▶ Exercise description
Below are records; reproduce exactly the lines from the one that has "(push_record store uid" through the one that has "let size : length (take", ends included, and nothing more.

(Collected data)
'''

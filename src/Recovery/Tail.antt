-- ===== src/Recovery/Tail.antt =====
-- The replay of src/recovery.rs when the server has gone on writing behind an entry that a crash tore:
-- `AOFWriter::open` of src/aof.rs appends to the file as it finds it.
use lloogg.Prelude.{
  ℕ, suc, ◌+◌, ◌-◌, ◌^◌, ◌≤◌, ◌<◌, ◌≡◌, inl, refl, sym, ap, ap₂, ◌∙◌, Option, none, some, List, [],
  ◌∷◌, ◌++◌, append_assoc, arith, length, to_le, take, from_le-to_le, All, length-append,
  length-take, length-drop, take-append_over, IsAt, IsAt-next,
}
use lloogg.Record.{Record, to_bytes, of_bytes, length-to_bytes}
use lloogg.Constants.{opcode_push}
use lloogg.Store.{Store, push_record}
use lloogg.Aof.Entry.{Entry, push, del, IsEntry, entry_bytes, entries_bytes}
use lloogg.Recovery.{apply_entry, apply_after, replay_loop, replay_aof}
use lloogg.Recovery.Round.{IsTorn, round, resume, round-torn, replay_loop-round}
use lloogg.Recovery.Replay.{
  apply_all, apply_unless_covered, replay_loop-entry, length-entries_bytes, round-whole,
}

resume-chain :
    (f h : Store → Option (Option Store)) (g : Store → Option Store)
    → ((s : Store) → f s ≡ resume h (g s))
    → (o : Option Store) → resume f o ≡ resume h (elim o [ none ↦ none | some s ↦ g s ])
resume-chain f h g e none = refl
resume-chain f h g e (some s) = e s

-- The loop over whole entries goes on behind them, whatever comes there.
replay_loop-prefix :
    (fuel : ℕ) {bytes : List ℕ} {pos : ℕ} (es : List Entry) (more : List ℕ) (snapshot_ts : ℕ)
    (store : Store)
    → All IsEntry es
    → IsAt bytes pos (entries_bytes es ++ more)
    → replay_loop (length es + fuel) bytes pos snapshot_ts store
      ≡ resume
          (replay_loop fuel bytes (pos + length (entries_bytes es)) snapshot_ts)
          (apply_all snapshot_ts es store)
unfolding apply_all apply_unless_covered
replay_loop-prefix fuel {bytes} {pos} [] more snapshot_ts store i a =
    ap₂ (λ f p. replay_loop f bytes p snapshot_ts store) (omega arith) (omega arith)
replay_loop-prefix fuel {bytes} {pos} (e ∷ es) more snapshot_ts store i a =
    let at : IsAt bytes pos (entry_bytes e ++ (entries_bytes es ++ more)) = rw append_assoc at a in
    let behind : IsAt bytes (pos + length (entry_bytes e)) (entries_bytes es ++ more) =
      IsAt-next (entry_bytes e) (entries_bytes es ++ more) (length (entry_bytes e)) refl at in
    let one : suc (length es) + fuel ≡ suc (length es + fuel) = omega arith in
    let far : pos + length (entry_bytes e) + length (entries_bytes es)
        ≡ pos + length (entries_bytes (e ∷ es)) =
      omega (arith, length-append (entry_bytes e) (entries_bytes es)) in
    ap (λ f. replay_loop f bytes pos snapshot_ts store) one
    ∙ replay_loop-entry (length es + fuel) (entries_bytes es ++ more) snapshot_ts store e i.0 at
    ∙ resume-chain (replay_loop (length es + fuel) bytes (pos + length (entry_bytes e)) snapshot_ts)
        (replay_loop fuel bytes (pos + length (entry_bytes e) + length (entries_bytes es))
          snapshot_ts)
        (apply_all snapshot_ts es)
        (λ s.
          replay_loop-prefix fuel {pos = pos + length (entry_bytes e)} es more snapshot_ts s i.1
            behind)
        (apply_unless_covered snapshot_ts store e)
    ∙ ap (λ p. resume (replay_loop fuel bytes p snapshot_ts) (apply_all snapshot_ts (e ∷ es) store))
        far

-- The bytes of a push of which a crash has left the header and `k` bytes of the record.
abbrev pub torn_push : ℕ → Record → ℕ → ℕ → List ℕ
torn_push uid r ts k = opcode_push ∷ to_le 4 uid ++ to_le 8 ts ++ to_le 2 17 ++ take k (to_bytes r)

torn_push-IsTorn : (uid : ℕ) (r : Record) (ts k : ℕ) → k < 17 → IsTorn (torn_push uid r ts k)
torn_push-IsTorn uid r ts k h = record {
  entry = push uid r ts;
  kept = 15 + k;
  short = omega (arith, length-to_bytes r);
  torn_eq =
      let e : 15 + k
          ≡ suc (
              suc (suc (suc (suc (suc (suc (suc (suc (suc (suc (suc (suc (suc (suc k)))))))))))))) =
        omega arith in
      rw e;
}

-- The record that the replay reads there: the bytes that are left, and the next ones of the file.
abbrev pub spliced : Record → ℕ → List ℕ → Record
spliced r k next = of_bytes (take k (to_bytes r) ++ take (17 - k) next)

apply_after-torn :
    (snapshot_ts : ℕ) (store : Store) (uid ts : ℕ) (payload : List ℕ)
    → snapshot_ts < ts
    → length payload ≡ 17
    → apply_after snapshot_ts store opcode_push uid ts payload
      ≡ push_record store uid (of_bytes payload) ts
unfolding apply_after apply_entry
apply_after-torn snapshot_ts store uid ts payload late full = ground arith

-- A header whose payload is `k` bytes of a record and at least the missing ones behind them is read as
-- a whole push of the spliced record.
replay_loop-torn_push :
    (fuel : ℕ) {bytes : List ℕ} {pos : ℕ} (uid : ℕ) (r : Record) (ts k : ℕ) (next : List ℕ)
    (snapshot_ts : ℕ) (store : Store)
    → uid < 2 ^ 32
    → ts < 2 ^ 64
    → k ≤ 17
    → 17 ≤ k + length next
    → snapshot_ts < ts
    → IsAt bytes pos (torn_push uid r ts k ++ next)
    → replay_loop (suc fuel) bytes pos snapshot_ts store
      ≡ resume
          (replay_loop fuel bytes (pos + 15 + 17) snapshot_ts)
          (push_record store uid (spliced r k next) ts)
replay_loop-torn_push fuel {bytes} {pos} uid r ts k next snapshot_ts store u t small enough late a =
    let payload : List ℕ = take 17 (take k (to_bytes r) ++ next) in
    let size : length (take k (to_bytes r)) ≡ k =
      omega (arith, length-take k (to_bytes r), length-to_bytes r) in
    let all : 17 ≡ k + (17 - k) = omega arith in
    let joined : payload ≡ take k (to_bytes r) ++ take (17 - k) next =
      ap (λ n. take n (take k (to_bytes r) ++ next)) all
      ∙ take-append_over k (17 - k) (take k (to_bytes r)) next (sym size) in
    let full : length payload ≡ 17 = omega (
      arith,
      length-take 17 (take k (to_bytes r) ++ next),
      length-append (take k (to_bytes r)) next,
      size,
    ) in
    replay_loop-round fuel snapshot_ts store a
    ∙ ap₂ (λ v w. round fuel bytes pos snapshot_ts store opcode_push v w 17 payload)
        (from_le-to_le 4 uid u) (from_le-to_le 8 ts t)
    ∙ round-whole fuel bytes pos snapshot_ts store opcode_push uid ts 17 payload
        (omega (arith, a.size, size, length-append (torn_push uid r ts k) next, length-to_bytes r))
    ∙ ap (resume (replay_loop fuel bytes (pos + 15 + 17) snapshot_ts)) (
        apply_after-torn snapshot_ts store uid ts payload late full
        ∙ ap (λ p. push_record store uid (of_bytes p) ts) joined)

resume-stop :
    (f : Store → Option (Option Store))
    → ((s : Store) → f s ≡ some (some s))
    → (o : Option Store) → resume f o ≡ some o
resume-stop f h none = refl
resume-stop f h (some s) = h s

-- Fewer than fifteen bytes end the loop.
replay_loop-few :
    (fuel : ℕ) (bytes : List ℕ) (pos snapshot_ts : ℕ) (store : Store)
    → pos ≤ length bytes
    → length bytes < pos + 15
    → replay_loop (suc fuel) bytes pos snapshot_ts store ≡ some (some store)
replay_loop-few fuel bytes pos snapshot_ts store inside few =
    round-torn fuel snapshot_ts store
      (record { left = refl; size = omega (arith, length-drop pos bytes) })
      (inl (omega (arith, length-drop pos bytes)))

-- An entry that is appended behind a torn one is lost: of a file of whole entries, a push that a crash
-- cut inside its record, and a removal that the next server has appended, the replay makes, behind the
-- whole entries, a push of the cut record with its end filled from the removal's bytes, and nothing of
-- the removal. Two bytes of the record at least are left, the push is later than the snapshot, and the
-- replay of the whole entries does not panic.
pub replay_aof-cut_tail :
    (es : List Entry) (uid : ℕ) (r : Record) (ts k : ℕ) (removed removed_ts snapshot_ts : ℕ)
    (store : Store) {s : Store}
    → All IsEntry es
    → uid < 2 ^ 32
    → ts < 2 ^ 64
    → 2 ≤ k
    → k < 17
    → snapshot_ts < ts
    → apply_all snapshot_ts es store ≡ some s
    → let tail = entry_bytes (del removed removed_ts) in
      IsTorn (torn_push uid r ts k)
      × (replay_aof (entries_bytes es ++ (torn_push uid r ts k ++ tail)) snapshot_ts store
          ≡ some (push_record s uid (spliced r k tail) ts))
unfolding replay_aof
replay_aof-cut_tail es uid r ts k removed removed_ts snapshot_ts store {s} i u t some_left cut late
      whole =
    let tail : List ℕ = entry_bytes (del removed removed_ts) in
    let rest : List ℕ = torn_push uid r ts k ++ tail in
    let bytes : List ℕ = entries_bytes es ++ rest in
    let fuel : ℕ = length bytes - length es - 1 in
    let at : IsAt bytes 0 (entries_bytes es ++ rest) = record { left = refl; size = omega arith } in
    let size : length rest ≡ 15 + k + 15 = omega (
      arith,
      length-append (torn_push uid r ts k) tail,
      length-take k (to_bytes r),
      length-to_bytes r,
    ) in
    let total : length bytes ≡ length (entries_bytes es) + length rest =
      length-append (entries_bytes es) rest in
    let enough : suc (length bytes) ≡ length es + suc (suc fuel) =
      omega (arith, size, total, length-entries_bytes es) in
    (
      torn_push-IsTorn uid r ts k cut,
      ap (λ n. replay_loop n bytes 0 snapshot_ts store) enough
          ∙ replay_loop-prefix (suc (suc fuel)) es rest snapshot_ts store i at
          ∙ ap
              (resume
                (replay_loop (suc (suc fuel)) bytes (0 + length (entries_bytes es)) snapshot_ts))
              whole
          ∙ replay_loop-torn_push (suc fuel) uid r ts k tail snapshot_ts s u t (omega arith)
              (omega arith) late
              (IsAt-next (entries_bytes es) rest (length (entries_bytes es)) refl at)
          ∙ resume-stop
              (replay_loop (suc fuel) bytes (0 + length (entries_bytes es) + 15 + 17) snapshot_ts)
              (λ s'.
                replay_loop-few fuel bytes (0 + length (entries_bytes es) + 15 + 17) snapshot_ts s'
                  (omega (arith, size, total)) (omega (arith, size, total)))
              (push_record s uid (spliced r k tail) ts),
    )
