-- ===== src/Tests.antt =====
-- Concrete inputs.
mod Stores
mod Logs
mod Requests
mod Loop
mod Restart
mod Server
mod Eviction
mod Start
mod Client
mod Disk
mod Shutdown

'''

▶ Exercise result
          (push_record store uid (spliced r k next) ts)
replay_loop-torn_push fuel {bytes} {pos} uid r ts k next snapshot_ts store u t small enough late a =
    let payload : List ℕ = take 17 (take k (to_bytes r) ++ next) in
    let size : length (take k (to_bytes r)) ≡ k =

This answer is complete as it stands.